The concern for a lot of people is that it’s a lawless place. It’s literally a Wild West, because space law does not really apply beyond the Earth. There is no space law, there’s no enforcement, and there are not even any treaties from the U.N. that dictate who owns what or what happens when there are territorial disputes. Or how do you safeguard against slave labor? There’s some pretty ugly things that could happen, because they are not ruled out by law, and there’s probably no enforcement against them.

It’s gonna be interesting to see. I would like to be optimistic about how it plays out. But our worst tendencies are on display, always.

At the end of the day, what are the advantages, as you see it, to stepping up space exploration? What are your hopes for how things develop?

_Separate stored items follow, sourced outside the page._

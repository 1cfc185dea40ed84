-- ===== src/Bus/Channel/Shutdown.antt =====
-- How a subscription ends.
use microservice_diagnosis.Prelude.{false, length, ◌≡◌, arith}
use microservice_diagnosis.Bus.Consumer.{Message}
use microservice_diagnosis.Bus.Channel.{
  capacity, sending, Subscription, forwarding, closer, Step, fetch, send, give_up, commit,
  commit_fails, commit_ends, fetch_fails, resume, leave, close,
}

-- The handler stands in its select with a message, and the channel is full.
pub record IsBlocked (m : Message) (c : Subscription) : Type 0 where
  pub holds : c.forwarder ≡ sending m
  pub full : length c.buffer ≡ capacity
  pub running : c.cancelled ≡ false

-- Steps of the forwarder and calls of Close.
pub data Unattended : Subscription → Subscription → Type 0 where
  start : {c : Subscription} → Unattended c c
  forwards : {c d e : Subscription} → Unattended c d → Step forwarding d e → Unattended c e
  closes : {c d e : Subscription} → Unattended c d → Step closer d e → Unattended c e

Step-IsBlocked :
    {c d : Subscription} (m : Message) → IsBlocked m c → Step forwarding c d → IsBlocked m d
Step-IsBlocked m b (fetch c k e) = absurd (ground arith)
Step-IsBlocked m b (send c k e room) = absurd (omega (arith, b.full))
Step-IsBlocked m b (give_up c k e done) = absurd (ground arith)
Step-IsBlocked m b (commit c k e) = absurd (ground arith)
Step-IsBlocked m b (commit_fails c k e p q) = absurd (ground arith)
Step-IsBlocked m b (commit_ends c k e p) = absurd (ground arith)
Step-IsBlocked m b (fetch_fails c e p q) = absurd (ground arith)
Step-IsBlocked m b (resume c e) = absurd (ground arith)
Step-IsBlocked m b (leave c e done) = absurd (ground arith)

close-IsBlocked :
    {c d : Subscription} (m : Message) → IsBlocked m c → Step closer c d → IsBlocked m d
close-IsBlocked m b (close c) = record { holds = b.holds; full = b.full; running = b.running }

-- A handler that waits at a full channel goes on waiting, whatever Close does, as long as the runner
-- receives nothing and the context of Subscribe does not end.
pub Unattended-IsBlocked :
    {c d : Subscription} (m : Message) → IsBlocked m c → Unattended c d → IsBlocked m d
Unattended-IsBlocked m b start = b
Unattended-IsBlocked m b (forwards r s) = Step-IsBlocked m (Unattended-IsBlocked m b r) s
Unattended-IsBlocked m b (closes r s) = close-IsBlocked m (Unattended-IsBlocked m b r) s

I don’t even pretend that it’s a completely rational thing to do. There’s not a simple economic argument to be made. The space companies—the private space companies—have business models. They imagine that, eventually, tourism in space will be cheap enough that they can make money off it. But the arguments for the difficult and very expensive things like setting up a colony on the Moon or Mars, I don’t think they’re economic. I think people will do it out of that sense of exploration or adventure. Or if it’s countries, of course, it will be for power in space, as China and America are engaged in that new space race to replace the original one with Russia. This is a projection of national power into a new arena. That’s going to be a motivation, too.

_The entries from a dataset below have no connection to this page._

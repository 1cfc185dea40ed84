-- ===== src/Bus/Config/Defaults.antt =====
-- What the defaults of the transport's configuration guarantee.
use microservice_diagnosis.Prelude.{
  ℤ, pos, ◌&&◌, ◌↔◌, ltbℤ, is_positive, String, Bool, true, false, not, none, ◌≡◌, refl, arith,
  str_eq, any, Bool-cases, inl, inr,
}
use microservice_diagnosis.Bus.Config.{
  Config, empty_brokers, empty_broker, invalid_required_acks, bad_field, or_default, with_defaults,
  required_acks, is_known, is_empty, require, validate,
}

or_default_positive : (d v : ℤ) → is_positive d ≡ true → is_positive (or_default d v) ≡ true
or_default_positive d v h = elim (Bool-cases (is_positive v)) [ inl e ↦ rw e e | inr e ↦ rw e h ]

-- The checks that depend on the values the caller has given.
abbrev pub caller_checks : (String → String) → (String → String) → Config → Bool
caller_checks trim clean c =
    not (is_empty c.brokers)
    && (not (any (λ b. str_eq (trim b) "") c.brokers)
        && (is_known (required_acks clean c)
            && (not (ltbℤ c.max_bytes c.min_bytes)
                && not (ltbℤ c.session_timeout c.heartbeat_interval))))

checks_lem :
    (a b c d e : Bool)
    → (require a empty_brokers (
          require b empty_broker (
            require c invalid_required_acks
              (require d (bad_field "max_bytes") (require e (bad_field "session_timeout") none))))
        ≡ none)
      ↔ ((a && (b && (c && (d && e)))) ≡ true)
checks_lem true true true true true = (λ h. refl, λ h. refl)
checks_lem true true true true false = ground arith
checks_lem true true true false e = ground arith
checks_lem true true false d e = ground arith
checks_lem true false c d e = ground arith
checks_lem false b c d e = ground arith

-- With the defaults filled in, Validate accepts a configuration exactly when it names brokers, none of
-- them blank, its acknowledgement level is known, and the upper bounds of the fetch size and of the
-- session are not below the lower ones: no duration or size that was left out is refused.
pub validate-with_defaults :
    (trim clean : String → String) (c : Config)
    → (validate trim clean (with_defaults c) ≡ none)
      ↔ (caller_checks trim clean (with_defaults c) ≡ true)
unfolding validate with_defaults
validate-with_defaults trim clean c =
    rw
      (
        or_default_positive (pos 10000000000) c.dial_timeout refl,
        or_default_positive (pos 10000000000) c.write_timeout refl,
        or_default_positive (pos 100) c.batch_size refl,
        or_default_positive (pos 1048576) c.batch_bytes refl,
        or_default_positive (pos 100000000) c.batch_timeout refl,
        or_default_positive (pos 1) c.min_bytes refl,
        or_default_positive (pos 500000000) c.max_wait refl,
        or_default_positive (pos 2000000000) c.replay_idle refl,
        or_default_positive (pos 3000000000) c.heartbeat_interval refl,
        or_default_positive (pos 30000000000) c.rebalance_timeout refl,
        or_default_positive (pos 5000000000) c.join_group_backoff refl,
      )
      (checks_lem _ _ _ _ _)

It won’t be self-sustaining in that sense for quite a while, but people will be willing to invest in it, for the glamor, the excitement, the power, the glory. There’s a lot of things all mixed up into the space race.

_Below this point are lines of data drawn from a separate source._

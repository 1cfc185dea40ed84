-- ===== src/Bus/Consumer/AtLeastOnce.antt =====
-- What Consume has handled and committed when it ends.
use microservice_diagnosis.Prelude.{
  ◌+◌, List, [], ◌∷◌, ◌++◌, map, append_nil, append_assoc, ◌≡◌, refl, sym, ap, ◌∙◌, Bool-cases, inl,
  inr,
}
use microservice_diagnosis.Bus.Consumer.{
  Message, Fetched, message, cancelled, unreadable, Ending, blocked, stopped, fetch_failed,
  handler_failed, commit_failed, Consumer, Progress, note_handled, note_committed, consume,
}

-- How the answers go on behind the messages that are handled and committed, and which message is
-- handled and not committed.
pub data EndsAt : Ending → List Fetched → List Message → Type 0 where
  waits : EndsAt blocked [] []
  stops : (fs : List Fetched) → EndsAt stopped (cancelled ∷ fs) []
  fetch_fails : (fs : List Fetched) → EndsAt fetch_failed (unreadable ∷ fs) []
  handler_fails : (m : Message) (fs : List Fetched) → EndsAt (handler_failed m) (message m ∷ fs) []
  commit_fails :
      (m : Message) (fs : List Fetched) → EndsAt (commit_failed m) (message m ∷ fs) (m ∷ [])

-- A run of Consume over the answers `fs` from the progress `p`.
pub record Run (fs : List Fetched) (p : Progress) (result : Ending × Progress) : Type 0 where
  pub done : List Message
  pub rest : List Fetched
  pub open_one : List Message
  pub fetched : fs ≡ map message done ++ rest
  pub committed : result.1.committed ≡ p.committed ++ done
  pub handled : result.1.handled ≡ p.handled ++ (done ++ open_one)
  pub ending : EndsAt result.0 rest open_one

-- Nothing is handled on the way to the end.
Run-end : (fs : List Fetched) (p : Progress) (e : Ending) → EndsAt e fs [] → Run fs p (e, p)
Run-end fs p e ends = record {
  done = [];
  rest = fs;
  open_one = [];
  fetched = refl;
  committed = sym (append_nil p.committed);
  handled = sym (append_nil p.handled);
  ending = ends;
}

Run-uncommitted :
    (m : Message) (fs : List Fetched) (p : Progress)
    → Run (message m ∷ fs) p (commit_failed m, note_handled m p)
Run-uncommitted m fs p = record {
  done = [];
  rest = message m ∷ fs;
  open_one = m ∷ [];
  fetched = refl;
  committed = sym (append_nil p.committed);
  handled = refl;
  ending = commit_fails m fs;
}

Run-step :
    (m : Message) (fs : List Fetched) (p : Progress) (result : Ending × Progress)
    → Run fs (note_committed m (note_handled m p)) result
    → Run (message m ∷ fs) p result
Run-step m fs p result r = record {
  done = m ∷ r.done;
  rest = r.rest;
  open_one = r.open_one;
  fetched = ap (λ l. message m ∷ l) r.fetched;
  committed = r.committed ∙ append_assoc p.committed (m ∷ []) r.done;
  handled = r.handled ∙ append_assoc p.handled (m ∷ []) (r.done ++ r.open_one);
  ending = r.ending;
}

-- Consume handles and commits the messages in the order in which they are fetched, until the reader
-- blocks, a call fails or the context ends. A message whose handler fails is not committed, and none
-- behind it is handled; the one message that can be handled without being committed is the last, when
-- its commit fails.
pub consume-Run : (c : Consumer) (fs : List Fetched) (p : Progress) → Run fs p (consume c fs p)
unfolding consume
consume-Run c [] p = Run-end [] p blocked waits
consume-Run c (cancelled ∷ fs) p = Run-end (cancelled ∷ fs) p stopped (stops fs)
consume-Run c (unreadable ∷ fs) p = Run-end (unreadable ∷ fs) p fetch_failed (fetch_fails fs)
consume-Run c (message m ∷ fs) p = elim (Bool-cases (c.handle m p.calls)) [
  | inl e ↦ elim (Bool-cases (c.commit m (p.calls + 1))) [
    | inl k ↦ rw (e, k) (Run-step m fs p _ (consume-Run c fs (note_committed m (note_handled m p))))
    | inr k ↦ rw (e, k) (Run-uncommitted m fs p)
  ]
  | inr e ↦ rw e (Run-end (message m ∷ fs) p (handler_failed m) (handler_fails m fs))
]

To close, looking back here on planet Earth, are there places that excite you that haven’t been explored here? An astronomer is often looking away from the Earth, but I’m curious—you’ve spent time in Chile’s Atacama Desert, you’ve traveled around quite a bit. Do you see any sort of sense of “space exploration,” put differently, here on Earth—just quite literally, space exploration? [Laughs]

Well, I think it’s pretty clear that the deep ocean is very poorly understood. It’s an extremely difficult environment to operate in. I mean, going back to the hydrothermal vents, which have life forms that are alien to the stuff we see on the surface, and possibly life started there in the oceans. So it’s telling us something about how life operates on a planet. This is life that doesn’t need a star. The whole idea that life in the universe needs a star sitting there, it’s not true, because we have life on Earth that doesn’t need a star.

I think learning more about the deep ocean—by the deep ocean, I mean kilometers down in total darkness, super high pressure, very difficult environment. We know so little about that. That’s definitely a frontier that I’m not interested in personally—I don’t really get claustrophobia easily, but I’m sure I would if I was in a little bathysphere kilometers under the ocean in total darkness at a hundred atmospheres of pressure. That might freak me out. I hope somebody will do it, and there are people doing it, but that to me is a frontier.